Hello, I am having some troubles using genomicFeatures R's package. Basically I am trying to retrieve for a specific gene the longest isoform and, for that isoform, exon, 3'utr and 5'utr coordinates, anyway results are strange: it seems to return 3'utr on the first exon and 5'utr on the last exon when the opposite was expected.
Here the code to replicate the results:
library(GenomicFeatures)
library(TxDb.Hsapiens.UCSC.hg19.knownGene)
txdb = TxDb.Hsapiens.UCSC.hg19.knownGene
# specify the gene ID
gid = '387700'
# select the longest transcript
cur_tx = data.frame(transcriptsBy(txdb, by="gene")[[as.character(gid)]])
max_tx_id = cur_tx$tx_name[which.max(cur_tx$width)]
# obtain exons for longest gene isoform
cur_exon = data.frame(exonsBy(txdb, by="tx", use.names=TRUE)[max_tx_id])
# obtain the longest 5'UTR for the selected transcript
fiveUTR = data.frame(fiveUTRsByTranscript(txdb,use.names=TRUE)[max_tx_id])
fiveUTR = fiveUTR[which.max(fiveUTR$end),]
# obtain 3'UTR for for the selected transcript
threeUTR = data.frame(threeUTRsByTranscript(txdb,use.names=TRUE)[max_tx_id])
threeUTR = threeUTR[which.max(threeUTR$end),]
Here the results:
These are the exon coordinates:
group group_name seqnames start end width strand exon_id exon_name exon_rank
1 1 uc001kgm.3 chr10 91295199 91295313 115 - 142243 <NA> 1
2 1 uc001kgm.3 chr10 91294258 91294397 140 - 142242 <NA> 2
3 1 uc001kgm.3 chr10 91222136 91222381 246 - 142241 <NA> 3
4 1 uc001kgm.3 chr10 91203513 91203616 104 - 142240 <NA> 4
5 1 uc001kgm.3 chr10 91200865 91201008 144 - 142239 <NA> 5
6 1 uc001kgm.3 chr10 91198361 91198940 580 - 142238 <NA> 6
7 1 uc001kgm.3 chr10 91195817 91196076 260 - 142236 <NA> 7
8 1 uc001kgm.3 chr10 91190051 91193083 3033 - 142235 <NA> 8
where the 8th is the first exon ( which.min(cur_exon$start) ), and the 1st is the last exon.

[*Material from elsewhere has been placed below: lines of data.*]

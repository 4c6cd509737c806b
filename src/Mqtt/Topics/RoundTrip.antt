-- ===== src/Mqtt/Topics/RoundTrip.antt =====
-- Deconstructing a topic gives back what it was constructed from.
use mathlib.Core.Option
use vda_5050_lib_js.Common.{
  All, Bool-cases, List, Option, Option-cases, String, ap, get_elem?, inl, inr, none, refl, some, ℕ,
  ◌∙◌, ◌≡◌,
}
use vda_5050_lib_js.Mqtt.Topics.{
  TopicFormat, any_misplaced, compile_levels, compile_mqtt_topic, construct_mqtt_topic,
  deconstruct_mqtt_topic, fill_levels, format_of, index_of_level, join, level_at, major_of, split,
}
use vda_5050_lib_js.Mqtt.Topics.Levels.{NoSlash, split-NoSlash, split-join}
use vda_5050_lib_js.Mqtt.Topics.Filled.{
  fill-NoSlash, fill-manufacturer, fill-nonempty, fill-serial_number, fill-topic,
}

compiled :
    (ls : List String) (interface_name version : String) (f : TopicFormat)
    → compile_levels ls interface_name version ≡ some f
    → (i : ℕ) × (index_of_level "%topic%" ls ≡ some i) × (format_of ls interface_name version i ≡ f)
unfolding compile_levels
compiled ls interface_name version f e = elim (Bool-cases (any_misplaced ls)) [
  | inl bad ↦ let t : none ≡ some f = simp bad at e in absurd (cc)
  | inr good ↦
      let made : Option.map (format_of ls interface_name version) (index_of_level "%topic%" ls)
          ≡ some f =
        simp good at e in
      elim (Option-cases (index_of_level "%topic%" ls)) [
        | inl missing ↦ let t : none ≡ some f = simp missing at made in absurd (cc)
        | inr (i, found) ↦
            let t : some (format_of ls interface_name version i) ≡ some f = simp found at made in
            (i, found, cc)
      ]
]

level_at-filled :
    (o : Option ℕ) (v : String) (ks : List String)
    → ((j : ℕ) → o ≡ some j → get_elem? ks j ≡ some v)
    → level_at o ks ≡ Option.map (λ _. v) o
level_at-filled none v ks h = refl
level_at-filled (some j) v ks h = h j refl

module _ (ls : List String) (interface_name version : String) (n : ℕ) where
  abbrev format : TopicFormat
  format = format_of ls interface_name version n

  deconstruct-format :
      (m s t : String)
      → All NoSlash ls
      → index_of_level "%topic%" ls ≡ some n
      → NoSlash interface_name
      → NoSlash (major_of version)
      → NoSlash m
      → NoSlash s
      → NoSlash t
      → deconstruct_mqtt_topic format (construct_mqtt_topic format m s t) ≡ (
        Option.map (λ _. m) format.manufacturer_index,
        Option.map (λ _. s) format.serial_number_index,
        some t,
      )
  unfolding deconstruct_mqtt_topic construct_mqtt_topic
  deconstruct-format m s t a e hi hv hm hs ht =
      let filled = fill_levels format m s t in
      let back : split (join filled) ≡ filled =
        split-join filled (fill-nonempty ls interface_name version n m s t e)
          (fill-NoSlash ls interface_name version n m s t a hi hv hm hs ht) in
      let one =
        level_at-filled format.manufacturer_index m filled
          (λ j k. fill-manufacturer ls interface_name version n m s t j e k) in
      let two =
        level_at-filled format.serial_number_index s filled
          (λ j k. fill-serial_number ls interface_name version n m s t j e k) in
      let three = fill-topic ls interface_name version n m s t e in
      ap
        (λ ks. (
          level_at format.manufacturer_index ks,
          level_at format.serial_number_index ks,
          get_elem? ks n,
        ))
        back
      ∙ (λ i. (one i, two i, three i))

-- An inbound topic is deconstructed into the manufacturer, the serial number and the communication
-- topic that it was constructed from, where the format has places for them, if none of the names
-- contains a separator.
pub deconstruct-construct :
    (topic_format interface_name version : String) (f : TopicFormat) (m s t : String)
    → compile_mqtt_topic topic_format interface_name version ≡ some f
    → NoSlash interface_name
    → NoSlash (major_of version)
    → NoSlash m
    → NoSlash s
    → NoSlash t
    → deconstruct_mqtt_topic f (construct_mqtt_topic f m s t) ≡ (
      Option.map (λ _. m) f.manufacturer_index,
      Option.map (λ _. s) f.serial_number_index,
      some t,
    )
unfolding compile_mqtt_topic
deconstruct-construct topic_format interface_name version f m s t e hi hv hm hs ht =
    let (n, found, same) = compiled (split topic_format) interface_name version f e in
    rw⁻¹ same (
      deconstruct-format (split topic_format) interface_name version n m s t
        (split-NoSlash topic_format) found hi hv hm hs ht)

Anyway the 3'UTR which is expected to be found at the end of the gene is at the very beginning and vice versa for the 5'UTR (you can check easily by exon_id)
3'UTR coordinates:
group group_name seqnames start end width strand exon_id exon_name exon_rank
1 1 uc001kgm.3 chr10 91190051 91192820 2770 - 142235 <NA> 8
5'UTR coordinates:
group group_name seqnames start end width strand exon_id exon_name exon_rank
1 1 uc001kgm.3 chr10 91295199 91295313 115 - 142243 <NA> 1
Anyone know why this happen ? Am I missing something
so fast so helpful. Thx !
If this solved the problem please accept the answer (the green checkmark below the bookmark sign).